PALERMO- Viaggio nei meandri della sanità siciliana. Attesa al Cup di Villa Sofia, a Palermo, per prenotare una visita anestesiologica, mese di settembre inoltrato. Operatrice cortesissima e desolata: “Ne parliamo a dicembre”. Possiamo prenotare per dicembre, allora? “No, nel senso che a dicembre si deve tornare con la prenotazione e si vede”.
Cambio di scenario. Mercoledì 18 ottobre. Alle 14.42 la schermata sul computer dice: indice di sovraffollamento del 180 per cento al pronto soccorso di Villa Sofia. I pazienti devono avere ancora più pazienza. La pratica quotidiana dà la raffigurazione di un mondo che arranca. La cosa è nota, ma non consola saperlo. Le strategie politiche intorno a nomine di manager e commissari accrescono le perplessità di chi osserva dal basso. I sindacati, ovviamente, confermano lo stato d’emergenza.
Emergenza visite
“Nonostante siano state finanziate le prestazioni aggiuntive per recuperare l’arretrato, la situazione delle liste d’attesa è drammatica – dice Giuseppe Bonsignore del Cimo, il sindacato che raccoglie i medici ospedalieri -. L’ultima vicenda gravissima riguarda il reparto di Ortopedia di Villa Sofia che chiude. Dove andranno i malati? Sugli interventi programmati, sulle visite cardiologiche, sulla colonscopia, ci sono persone che aspettano fino a sei mesi”.
“Parliamo delle piante organiche dei pronto soccorso a Palermo – incalza Bonsignore -. Hanno vuoti del quaranta e cinquanta per cento. Nell’area di urgenza, trovi giovani colleghi, senza esperienza, né tutoraggio. Nel frattempo, la politica che fa? Si divide sulle nomine e sui sorteggi…”.
L’urgenza e le attese
“I finanziamenti – dice Francesco Lucchesi, componente della segreteria regionale Cgil, con delega alla Sanità – sono stati dati in un modo che non condividiamo, in parti uguali tra pubblico e privato. Così si svuota la sanità pubblica e si incentivano i malati a ricorrere ai privati. Le liste d’attesa raccontano una catastrofe, giorno per giorno. Ci sono persone che attendono sessanta giorni per una visita urgente. Gli altri, se sono fortunati, se la cavano in cinque mesi”.
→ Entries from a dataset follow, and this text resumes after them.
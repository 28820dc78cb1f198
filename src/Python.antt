-- ===== src/Python.antt =====
-- Python's data as the services store it.
pub mod Value
pub mod Dict
pub mod Raise
pub mod Store
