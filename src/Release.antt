-- ===== src/Release.antt =====
-- Release executions: eng_platform_api/services/release_executions.py.
pub mod Status
pub mod Validate
pub mod Admission
pub mod Reserve
pub mod Claims
pub mod Tokens
pub mod Planner
pub mod Bootstrap
pub mod Ops
pub mod Spares
pub mod Silent
pub mod Evolution
pub mod Identity
pub mod Settled
pub mod Dispatch
pub mod Exclusive
pub mod Binding
pub mod Events
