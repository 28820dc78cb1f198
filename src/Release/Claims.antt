-- ===== src/Release/Claims.antt =====
-- Permits that one process wins: `transition_to_cloud_build`, `claim_submission`, `bind_build` and
-- `claim_publish` of eng_platform_api/services/release_executions.py.
use Prim.Native.String.{count}
use gcp_engineering_platform.Base.{
  String, Bool, true, false, ◌&&◌, ◌||◌, not, List, [], ◌∷◌, ◌==◌, ltb, if◌then◌else◌, elem,
}
use gcp_engineering_platform.Python.Value.{Value, str, Fields, empty, entry, truthy, value_eq}
use gcp_engineering_platform.Python.Dict.{get, get_or, put, contains_any, update}
use gcp_engineering_platform.Python.Raise.{
  Env, ok, raise, value_error, ◌>>◌, raise_if, to_str, require_new_builds,
}
use gcp_engineering_platform.Python.Store.{Change, Exec, with_document}
use gcp_engineering_platform.Release.Status.{in_texts, validate_status_change}
use gcp_engineering_platform.Release.Validate.{is_locked}

-- `github_actions_only` of eng_platform_api/services/quality_profiles.py
unfoldable pub github_actions_only : String → Bool
github_actions_only service = elem service ("cgm-reconnections-api" ∷ [])

-- `str(v or "")`
unfoldable pub text_or_empty : Env → Value → String
text_or_empty e v = if truthy v then to_str e v else ""

-- `transition_to_cloud_build`: `true` beside the document where the provider was handed over.
unfoldable pub handoff_change : Env → String → Change (Fields × Bool)
handoff_change e reason current =
    let changes = entry "provider" (str "cloud_build") (
      entry "status" (str "submission_pending")
        (entry "fallback_reason" (str reason) (entry "updated_at" (str e.now) empty))) in
    do
      raise_if (is_locked current) (value_error "Reserved release provider is immutable")
      raise_if (truthy (get "bootstrap_ticket_id" current))
          (value_error "Quality bootstrap provider cannot be reset")
      raise_if (github_actions_only (text_or_empty e (get "service_name" current)))
          (value_error "Service releases run on GitHub Actions only")
      if value_eq (get "provider" current) (str "cloud_build")
          then ok (empty, (current, false))
          else (do
            raise_if (not (value_eq (get "provider" current) (str "github_actions")))
                (value_error "Release execution provider transition is invalid")
            raise_if (not (in_texts (get "status" current) ("received" ∷ "waiting_github" ∷ [])))
                (value_error "Release execution is no longer fallback eligible")
            require_new_builds e
            ok (changes, (update current changes, true)))

unfoldable pub transition_to_cloud_build : Env → String → String → Exec (Fields × Bool)
unfolding handoff_change with_document
transition_to_cloud_build e id reason = with_document id (handoff_change e reason)

-- `claim_submission`
unfoldable pub claim_submission_change : Env → Change Bool
claim_submission_change e current =
    if truthy (get "bootstrap_ticket_id" current)
      || (not (value_eq (get "provider" current) (str "cloud_build"))
          || (truthy (get "build_id" current)
              || not (
                  in_texts (get "status" current)
                    ("submission_pending" ∷ "submission_failed" ∷ []))))
    then ok (empty, false)
    else ok (entry "status" (str "submitting") (entry "updated_at" (str e.now) empty), true)

unfoldable pub claim_submission : Env → String → Exec Bool
unfolding claim_submission_change with_document
claim_submission e id = with_document id (claim_submission_change e)

-- The fields that `bind_build` takes from no caller.
abbrev pub binding_fields : List String
binding_fields =
    "execution_id" ∷ "fingerprint" ∷ "repository" ∷ "service_name" ∷ "operation" ∷ "head_sha"
    ∷ "base_sha" ∷ "profile_hash" ∷ "executor_digest" ∷ "policy_hash" ∷ "planner_hash" ∷ "provider"
    ∷ "build_id" ∷ "provider_run_id" ∷ []

-- `{**metadata, "build_id": …, "provider_run_id": …, "status": …, "updated_at": …}`
unfoldable pub binding_changes : Env → String → Fields → Fields
binding_changes e build metadata = put "updated_at" (str e.now) (
    put "status" (str "submission_pending")
      (put "provider_run_id" (str build) (put "build_id" (str build) metadata)))

-- `str(current.get("build_id", ""))`
unfoldable pub build_of : Env → Fields → String
build_of e current = to_str e (get_or "build_id" (str "") current)

-- `bind_build`
unfoldable pub bind_build_change : Env → String → Fields → Change Fields
unfolding binding_changes
bind_build_change e build metadata current = do
  raise_if (truthy (get "bootstrap_ticket_id" current))
      (value_error "Quality bootstrap requires verified build binding")
  raise_if (not (value_eq (get "provider" current) (str "cloud_build")))
      (value_error "Release execution is not Cloud Build managed")
  raise_if (not (build_of e current == "") && not (build_of e current == build))
      (value_error "Release execution is already bound to another build")
  if build_of e current == build then ok (empty, current) else (do
    validate_status_change e current (binding_changes e build metadata)
    ok (binding_changes e build metadata, update current (binding_changes e build metadata)))

unfoldable pub bind_build : Env → String → String → Fields → Exec Fields
unfolding bind_build_change with_document
bind_build e id build metadata s =
    if build == "" || ltb 128 (count build)
    then (raise (value_error "Cloud Build ID is invalid"), s)
    else (if contains_any binding_fields metadata
        then (raise (value_error "Cloud Build binding metadata contains reserved fields"), s)
        else with_document id (bind_build_change e build metadata) s)

-- `claim_publish`
unfoldable pub claim_publish_change : Env → Change Bool
claim_publish_change e current =
    if not (value_eq (get "operation" current) (str "main_release"))
      || (not (value_eq (get "status" current) (str "release_planned"))
          || truthy (get "publish_claimed_at" current))
    then ok (empty, false)
    else ok (
      entry "status" (str "publish_pending")
          (entry "updated_at" (str e.now) (entry "publish_claimed_at" (str e.now) empty)),
      true,
    )

unfoldable pub claim_publish : Env → String → Exec Bool
unfolding claim_publish_change with_document
claim_publish e id = with_document id (claim_publish_change e)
Lucchesi fa il punto, pure lui, sui pronto soccorso: “Le porto l’esempio del pronto soccorso di Barcellona Pozzo di Gotto, nel Messinese, che è chiuso da un paio di mesi, per ristrutturazione. Significa che, se sono lì e sto male, devo rivolgermi a Patti o a Milazzo. Ci vuole mezz’ora solo per arrivare, senza contare il traffico. Nelle strutture d’emergenza ci sono due medici, quando va bene”.
Gli anziani ‘sacrificabili’
“Dobbiamo ripensare la Sanità, tutelando gli anziani – dice Pippo Piastra della Uil Fpl -. Ormai sono considerati quasi dei soggetti sacrificabili, anche se nessuno lo ammette. Invece, dovrebbero avere un canale dedicato per l’assistenza, considerando che sono i più fragili”.
“Il Covid non ci ha insegnato niente – continua il sindacalista -. La crisi provocata dalla pandemia è come se fosse diventata strutturale. Nel pubblico non rimarrà nessuno, tra i professionisti, e avremo cure soltanto per chi potrà pagarle. Noi, in Sicilia, abbiamo una questione aperta sulla Seus che gestisce l’emergenza-urgenza. Ci sono disagi nei servizi che la governance dovrebbe affrontare. Abbiamo chiesto un incontro”.
I numeri della Sanità
Poco più di un mese fa, un report della Fondazione Gimbe ha fornito numeri inequivocabili. La spesa sanitaria pubblica del nostro Paese nel 2022 si attesta al 6,8% del Pil, sotto di 0,3 punti percentuali rispetto alla alla media europea del 7,1%. Ecco le parole del presidente della Fondazione, Nino Cartabellotta, secondo cui l’Italia “deve al più presto invertire la rotta. Altrimenti sarà l’addio al diritto costituzionale alla tutela della salute”.